Das gilt zunächst für die Übersetzungen vieler Statements, die entweder aus Moskau oder aus Kiew und anderen Teilen der Ukraine kommen. Im ersten Fall sind es meistens Beschwichtigungen und Verharmlosungen – the Russian government tries to placate everyone and soft-sell or downplay the situation. Im zweiten Fall sind es fast immer Hilferufe – bitter klagend: Ukrainians cry for help oder flehend bittend: they appeal for help.

Apropos „Kiew“ und „Ukraine“: Die führenden englischsprachigen Medien verwenden für die Hauptstadt die Schreibweise Kyiv, die sich stärker an die ukrainische Sprache anlehnt als das früher übliche „Kiev“ oder das im Deutschen gängige Kiew.

Politisch wie grammatisch korrekt ist darüber hinaus seit der Unabhängigkeit des Landes im Jahr 1991 die Bezeichnung Ukraine – statt „the Ukraine“. Für uns bleibt das deshalb gewöhnungsbedürftig, weil wir weiterhin „die Ukraine“ sagen, selbst wenn es unterschwellig den russischen Anspruch auf „das Grenzland“ ausdrückt. Auch Bundeskanzler Olaf Scholz musste es nach seinen ersten englischsprachigen Äußerungen in Washington erst lernen.

Überhaupt demonstrierte Scholz die Schwierigkeiten, für das Thema auf flüssiges Englisch umzuschalten. Er kündigte Mitte Februar Deutschlands Beistand an – „… if there would be an military aggression or invasion of Russia to the Ukraine“. Rein sprachlich ist das Humbug. Erstens verstieß der Satz gegen die Hauptregel englischer Sätze mit if: ohne would!
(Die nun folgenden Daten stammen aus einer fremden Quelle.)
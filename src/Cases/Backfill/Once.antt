-- ===== src/Cases/Backfill/Once.antt =====
-- What a backfill leaves to do, and that doing it again does nothing.
use transactguard.Prelude.{
  ℕ, suc, zero, ◌+◌, ◌≤◌, ◌<◌, min, ◌≡◌, refl, sym, ◌∙◌, ap, arith, true, not, ◌&&◌, Option, none,
  some, List, [], ◌∷◌, length, take, drop, length-take, length-drop, elem, nodup, elem-drop,
  nodup-drop, length-eq_of_same, matches,
}
use transactguard.Schema.{Database, World, Transaction}
use transactguard.Cases.Backfill.{
  Backfilled, has_no_case, flagged, missing_case, missing, create_many, created_for, backfill_cases,
}
use transactguard.Cases.Backfill.Inserted.{Fresh, has_no_case-create_many}

length-zero : (xs : List ℕ) → length xs ≡ 0 → xs ≡ []
length-zero [] h = refl
length-zero (x ∷ xs) h = absurd (omega (arith, h))

module _ (D : Database) where
  module _ (fresh : ℕ → ℕ) (now : ℕ) (w : World D) where
    -- The world with cases for these transactions.
    with_cases : List ℕ → World D
    with_cases ids = record w { cases = create_many D fresh 0 now ids w.cases }

    matches-missing :
        (ids : List ℕ) (a : ℕ) (o : Option Transaction)
        → has_no_case D (with_cases ids).cases a ≡ (not (elem a ids) && has_no_case D w.cases a)
        → matches (missing_case D (with_cases ids)) a o
          ≡ (not (elem a ids) && matches (missing_case D w) a o)
    unfolding missing_case with_cases flagged
    matches-missing ids a none h = ground arith
    matches-missing ids a (some t) h = ground (arith, h)

    elem-missing :
        (ids : List ℕ) (a : ℕ)
        → Fresh D fresh 0 w.cases
        → elem a (missing D (with_cases ids)) ≡ (not (elem a ids) && elem a (missing D w))
    unfolding missing with_cases
    elem-missing ids a f =
        let find = D.transactions.find a w.transactions in
        D.transactions.elem-find_ids (missing_case D (with_cases ids)) w.transactions a
        ∙ matches-missing ids a find (has_no_case-create_many D fresh 0 now a ids w.cases f)
        ∙ ap (λ b. not (elem a ids) && b)
            (sym (D.transactions.elem-find_ids (missing_case D w) w.transactions a))

    nodup-missing : (v : World D) → nodup (missing D v) ≡ true
    unfolding missing
    nodup-missing v = D.transactions.nodup-find_ids (missing_case D v) v.transactions

    length-missing :
        (limit : ℕ)
        → Fresh D fresh 0 w.cases
        → length (missing D (with_cases (take limit (missing D w))))
          ≡ length (drop limit (missing D w))
    length-missing limit f =
        let all = missing D w in
        length-eq_of_same (missing D (with_cases (take limit all))) (drop limit all)
          (nodup-missing (with_cases (take limit all))) (nodup-drop limit all (nodup-missing w))
          (λ a.
            ground
              (arith, elem-missing (take limit all) a f, elem-drop limit a all (nodup-missing w)))

    -- What a backfill comes to, in one line for both of its ends.
    abbrev done : List ℕ → Backfilled × World D
    done ids = (
      record { created = length ids; remaining = length (missing D (with_cases ids)) },
      with_cases ids,
    )

    created_for_lem :
        (ids : List ℕ)
        → (ids ≡ [] → length (missing D w) ≡ 0)
        → created_for D fresh now ids w ≡ done ids
    unfolding created_for create_many with_cases
    created_for_lem [] none_left =
        ap (λ n. (record { created = 0; remaining = n }, w)) (sym (none_left refl))
    created_for_lem (id ∷ ids) none_left = refl

    backfill_cases_lem :
        (limit : ℕ)
        → 0 < limit
        → backfill_cases D limit fresh now w ≡ done (take limit (missing D w))
    unfolding backfill_cases
    backfill_cases_lem limit pos = created_for_lem (take limit (missing D w)) (λ e.
        let l = ap length e in let m = length-take limit (missing D w) in omega (arith, l, m, pos))

    -- A backfill makes as many cases as its limit lets it, at most one for each flagged transaction
    -- without a case, and what it says remains is what is left to do afterwards: made and remaining
    -- together are what there was to do.
    pub backfill_cases_progress :
        (limit : ℕ)
        → 0 < limit
        → Fresh D fresh 0 w.cases
        → ((backfill_cases D limit fresh now w).0.created ≡ min limit (length (missing D w)))
          × ((backfill_cases D limit fresh now w).0.created
                + (backfill_cases D limit fresh now w).0.remaining
              ≡ length (missing D w))
          × (length (missing D (backfill_cases D limit fresh now w).1)
              ≡ (backfill_cases D limit fresh now w).0.remaining)
    backfill_cases_progress limit pos f =
        let m = length-take limit (missing D w) in
        let l = length-missing limit f in
        let d = length-drop limit (missing D w) in
        rw (backfill_cases_lem limit pos) (m, omega (arith, m, l, d), refl)

    nothing_left :
        (limit : ℕ)
        → length (missing D w) ≤ limit
        → Fresh D fresh 0 w.cases
        → missing D (with_cases (take limit (missing D w))) ≡ []
    nothing_left limit le f = length-zero (missing D (with_cases (take limit (missing D w)))) (
        let l = length-missing limit f in
        let d = length-drop limit (missing D w) in omega (arith, l, d, le))

  take_none : (n : ℕ) → take {A = ℕ} n [] ≡ []
  take_none zero = refl
  take_none (suc n) = refl

  backfill_idle :
      (limit : ℕ) (fresh : ℕ → ℕ) (now : ℕ) (v : World D)
      → missing D v ≡ []
      → backfill_cases D limit fresh now v ≡ (record { created = 0; remaining = 0 }, v)
  unfolding backfill_cases created_for
  backfill_idle limit fresh now v e =
      ap (λ ids. created_for D fresh now ids v) (ap (take limit) e ∙ take_none limit)

  -- Run a second time it makes nothing and changes nothing, if the first time did not stop at its
  -- limit; the second run may have any limit and any new keys.
  pub backfill_cases_idempotent :
      (fresh again : ℕ → ℕ) (now later limit limit' : ℕ) (w : World D)
      → 0 < limit
      → length (missing D w) ≤ limit
      → Fresh D fresh 0 w.cases
      → backfill_cases D limit' again later (backfill_cases D limit fresh now w).1
        ≡ (record { created = 0; remaining = 0 }, (backfill_cases D limit fresh now w).1)
  backfill_cases_idempotent fresh again now later limit limit' w pos le f =
      backfill_idle limit' again later (backfill_cases D limit fresh now w).1 (
        ap (λ o. missing D o.1) (backfill_cases_lem fresh now w limit pos)
        ∙ nothing_left fresh now w limit le f)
Und zweitens mahnte er an die unmissverständliche Verwendung der hier zentralen Begriffe „aggression“, „invasion“ oder auch „incursion“.
Generell gelten die folgenden englischen Präpositionen für Aggressionen, Übergriffe, Angriffe, Attacken, Invasionen, Missbrauch und Kriege:

1. aggression, incursion, invasion, assault, attack, abuse, war by Russia (nicht „of Russia“)
2. aggression/war against, incursion into, invasion/abuse of, assault/attack on

Geglänzt hätte der Bundeskanzler mit diesem Satz:
if there were to be/if there is a military invasion by Russia of Ukraine.

Selbstverständlich und omnipräsent ist Englisch in allen möglichen Nachrichten aus der internationalen Sphäre, seien es
– Reden von US-Präsident Joe Biden, der vor dem Krieg mit minor incursion Verwirrung gestiftet hatte. Später erklärte er, Russlands Angriff sei premeditated, unprovoked and unjustified – also „vorsätzlich“, „grundlos“ und „ungerechtfertigt“.
– Erklärungen von EU Kommissionspräsidentin Ursula von der Leyen (We will cripple Putin's ability to finance his war machine … and use his war chest – seine Kriegskasse)
– oder die Tweets von Elon Musk, der den Menschen in der Ukraine mit seiner Starlink Technologie einen letzten Zugang zum Internet gibt.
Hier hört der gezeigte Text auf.